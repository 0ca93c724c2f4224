-- ===== src/GenericUniCode/Search.antt =====
-- nepenthes-core/src/ShellcodeManager.cpp with the handler GenericUniCode among its handlers: from a
-- message with widened code to the handler that takes the code.
use nepenthes.Base.{
  ℕ, suc, ◌+◌, ◌-◌, ◌≤◌, ◌<◌, ◌≡◌, ◌∙◌, ◌⊎◌, refl, sym, ap, subst, arith, inl, inr, Bool, Option,
  none, some, List, [], ◌∷◌, ◌++◌, length, All, drop, done, done_injective,
}
use nepenthes.ShellcodeManager
use nepenthes.ShellcodeManager.{
  SchResult, sch_nothing, sch_reprocess, sch_done, ShellcodeHandler, ShellcodeEvent, Answer, Search,
  search_from, event_of, final_event, ev_shellcode, ev_shellcode_done,
}
use nepenthes.ShellcodeManager.Steps.{Passes, after_answer, search-step, handle_shellcode-search}
use nepenthes.GenericUniCode.{Runs, count_byte, count_runs, longest_run, handle_shellcode}
use nepenthes.GenericUniCode.Widened.{widen, IsPlain, handle_shellcode-widen}

abbrev start : Runs
start = record { uni = 0; maxuni = 0 }

-- A message without zero bytes is left to the other handlers.
count_runs-plain : (s : List ℕ) → IsPlain s → count_runs start s ≡ start
unfolding count_runs count_byte
count_runs-plain [] i = refl
count_runs-plain (c ∷ []) (e, i) = rw (e)
count_runs-plain (c ∷ d ∷ s) (e, (_, i)) = rw (e) (count_runs-plain s i)

drop-IsPlain : (s : List ℕ) → IsPlain s → IsPlain (drop 1 s)
drop-IsPlain [] i = tt
drop-IsPlain (c ∷ s) (e, i) = i

longest_run-plain : (s : List ℕ) → IsPlain s → longest_run s ≡ 0
unfolding longest_run
longest_run-plain s i =
    ap (λ (r : Runs). r.maxuni)
      (ap (λ r. count_runs r (drop 1 s)) (count_runs-plain s i)
        ∙ count_runs-plain (drop 1 s) (drop-IsPlain s i))

handle_shellcode-plain : (s : List ℕ) → IsPlain s → handle_shellcode s ≡ done (sch_nothing, s)
unfolding handle_shellcode
handle_shellcode-plain s i = rw (longest_run-plain s i)

append-IsPlain : (s t : List ℕ) → IsPlain s → IsPlain t → IsPlain (s ++ t)
append-IsPlain [] t i j = j
append-IsPlain (c ∷ s) t (e, i) j = (e, append-IsPlain s t i j)

module _ {World : Type 0} (handle : ShellcodeHandler → List ℕ → World → Answer (List ℕ) World)
    (handlers : List ShellcodeHandler) where
  -- The handler answers as GenericUniCode does, and changes nothing but the message.
  abbrev pub IsUniCode : ShellcodeHandler → World → Type 0
  IsUniCode u w =
      (msg : List ℕ)
      → (handle_shellcode msg ≡ done ((handle u msg w).result, (handle u msg w).message))
        × ((handle u msg w).world ≡ w)

  answer_of :
      (u : ShellcodeHandler) (w : World)
      → IsUniCode u w
      → (msg left : List ℕ) (r : SchResult) → handle_shellcode msg ≡ done (r, left)
      → handle u msg w ≡ record { result = r; message = left; world = w }
  answer_of u w answers msg left r e =
      let (p, q) = answers msg in
      let same = done_injective (sym p ∙ e) in
      λ i. record { result = (same i).0; message = (same i).1; world = q i }

  -- The fuel for a round of each handler, and so much more.
  abbrev rounds : List ShellcodeHandler → ℕ → ℕ
  rounds [] fuel = fuel
  rounds (g ∷ hs) fuel = suc (rounds hs fuel)

  rounds_lem : (hs : List ShellcodeHandler) (fuel : ℕ) → rounds hs fuel ≡ length hs + fuel
  rounds_lem [] fuel = omega arith
  rounds_lem (g ∷ hs) fuel = omega (arith, rounds_lem hs fuel)

  -- The handlers that pass the message on cost a round each.
  search-Passes :
      (pre hs : List ShellcodeHandler) (fuel : ℕ) (msg : List ℕ) (w : World)
      → All (Passes handle handlers msg w) pre
      → search_from handle handlers (rounds pre fuel) (pre ++ hs) msg w
        ≡ search_from handle handlers fuel hs msg w
  search-Passes [] hs fuel msg w passes = refl
  search-Passes (g ∷ pre) hs fuel msg w passes =
      search-step handle handlers (rounds pre fuel) g (pre ++ hs) msg w
      ∙ ap (after_answer handle handlers (rounds pre fuel) g (pre ++ hs)) passes.0
      ∙ search-Passes pre hs fuel msg w passes.1

  -- The handlers, up to one that gives this answer.
  search-until :
      (pre post : List ShellcodeHandler) (h : ShellcodeHandler) (fuel : ℕ) (msg : List ℕ)
      (w : World) (a : Answer (List ℕ) World)
      → handlers ≡ pre ++ h ∷ post
      → All (Passes handle handlers msg w) pre
      → handle h msg w ≡ a
      → search_from handle handlers (rounds pre (suc fuel)) handlers msg w
        ≡ after_answer handle handlers fuel h post a
  search-until pre post h fuel msg w a e passes answer =
      ap (λ hs. search_from handle handlers (rounds pre (suc fuel)) hs msg w) e
      ∙ search-Passes pre (h ∷ post) (suc fuel) msg w passes
      ∙ search-step handle handlers fuel h post msg w
      ∙ ap (after_answer handle handlers fuel h post) answer

  others-Passes :
      (u : ShellcodeHandler) (msg : List ℕ) (w : World) (front : List ShellcodeHandler)
      → Passes handle handlers msg w u
      → All (λ g. (g ≡ u) ⊎ Passes handle handlers msg w g) front
      → All (Passes handle handlers msg w) front
  others-Passes u msg w [] passes h = tt
  others-Passes u msg w (g ∷ front) passes (inl e, h) =
      (subst (Passes handle handlers msg w) (sym e) passes, others-Passes u msg w front passes h)
  others-Passes u msg w (g ∷ front) passes (inr q, h) = (q, others-Passes u msg w front passes h)

  -- A message of bytes that are not zero, with more than 2000 bytes of code widened in it, and at
  -- least one byte behind them. The unicode handler is registered, and those before it find nothing
  -- in the message; a handler takes the message in which the code is narrowed, wherever it stands in
  -- the list, and those before it, but for the unicode handler, find nothing in that message. Then
  -- `handleShellcode` returns: that handler was done, the message and the rest are what it left, and
  -- the events are EV_SHELLCODE with the message and EV_SHELLCODE_DONE with what is left of it.
  -- Fuel for two passes is enough. Malloc gives the block.
  pub handle_shellcode-narrowed :
      (u h : ShellcodeHandler) (pre post front back : List ShellcodeHandler) (p code r : List ℕ)
      (x : ℕ) (w : World) (left : List ℕ) (w' : World) (fuel : ℕ) (trigger : Option (List ℕ))
      (known : Bool)
      → IsUniCode u w
      → handlers ≡ pre ++ u ∷ post
      → handlers ≡ front ++ h ∷ back
      → IsPlain p
      → IsPlain code
      → 2000 < length code
      → IsPlain (x ∷ r)
      → All (Passes handle handlers (p ++ (widen code ++ (x ∷ r))) w) pre
      → All (λ g. (g ≡ u) ⊎ Passes handle handlers (p ++ (code ++ (x ∷ r))) w g) front
      → handle h (p ++ (code ++ (x ∷ r))) w
        ≡ record { result = sch_done; message = left; world = w' }
      → length pre + length front + 2 ≤ fuel
      → ShellcodeManager.handle_shellcode handle handlers fuel
          (p ++ (widen code ++ (x ∷ r)))
          trigger
          known
          w
        ≡ done (
          record { result = sch_done; handler = some h; message = left; world = w' },
          event_of handle handlers (p ++ (widen code ++ (x ∷ r))) none trigger known ev_shellcode
              ∷ event_of handle handlers left (some h) trigger known ev_shellcode_done
              ∷ [],
        )
  handle_shellcode-narrowed u h pre post front back p code r x w left w' fuel trigger known answers
        here there i j long k before between takes enough =
      let msg = p ++ (widen code ++ (x ∷ r)) in
      let bare = p ++ (code ++ (x ∷ r)) in
      let plain = append-IsPlain p (code ++ (x ∷ r)) i (append-IsPlain code (x ∷ r) j k) in
      let passes =
        answer_of u w answers bare bare sch_nothing (handle_shellcode-plain bare plain) in
      let narrows =
        answer_of u w answers msg bare sch_reprocess (handle_shellcode-widen p code r x i long k) in
      let spare = fuel - (length pre + length front + 2) in
      let found : search_from handle handlers fuel handlers msg w
          ≡ done (record { result = sch_done; handler = some h; message = left; world = w' }) =
        ap (λ n. search_from handle handlers n handlers msg w)
          (omega (
            arith,
            rounds_lem pre (suc (rounds front (suc spare))),
            rounds_lem front (suc spare),
            enough,
          ))
        ∙ search-until pre post u (rounds front (suc spare)) msg w _ here before narrows
        ∙ search-until front back h spare bare w _ there
            (others-Passes u bare w front passes between) takes in
      handle_shellcode-search handle handlers fuel msg trigger known w h left w' found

YOUR ASSIGNMENT = If a line comes after the one with "drop-IsPlain [] i = tt", leave it out; reproduce exactly every line of the material from the first up to and including that one.

SOLVED PROBLEM =
repository 0ca93c724c2f4224
-- ===== src/GenericUniCode/Search.antt =====
-- nepenthes-core/src/ShellcodeManager.cpp with the handler GenericUniCode among its handlers: from a
-- message with widened code to the handler that takes the code.
use nepenthes.Base.{
  ℕ, suc, ◌+◌, ◌-◌, ◌≤◌, ◌<◌, ◌≡◌, ◌∙◌, ◌⊎◌, refl, sym, ap, subst, arith, inl, inr, Bool, Option,
  none, some, List, [], ◌∷◌, ◌++◌, length, All, drop, done, done_injective,
}
use nepenthes.ShellcodeManager
use nepenthes.ShellcodeManager.{
  SchResult, sch_nothing, sch_reprocess, sch_done, ShellcodeHandler, ShellcodeEvent, Answer, Search,
  search_from, event_of, final_event, ev_shellcode, ev_shellcode_done,
}
use nepenthes.ShellcodeManager.Steps.{Passes, after_answer, search-step, handle_shellcode-search}
use nepenthes.GenericUniCode.{Runs, count_byte, count_runs, longest_run, handle_shellcode}
use nepenthes.GenericUniCode.Widened.{widen, IsPlain, handle_shellcode-widen}

abbrev start : Runs
start = record { uni = 0; maxuni = 0 }

-- A message without zero bytes is left to the other handlers.
count_runs-plain : (s : List ℕ) → IsPlain s → count_runs start s ≡ start
unfolding count_runs count_byte
count_runs-plain [] i = refl
count_runs-plain (c ∷ []) (e, i) = rw (e)
count_runs-plain (c ∷ d ∷ s) (e, (_, i)) = rw (e) (count_runs-plain s i)

drop-IsPlain : (s : List ℕ) → IsPlain s → IsPlain (drop 1 s)
drop-IsPlain [] i = tt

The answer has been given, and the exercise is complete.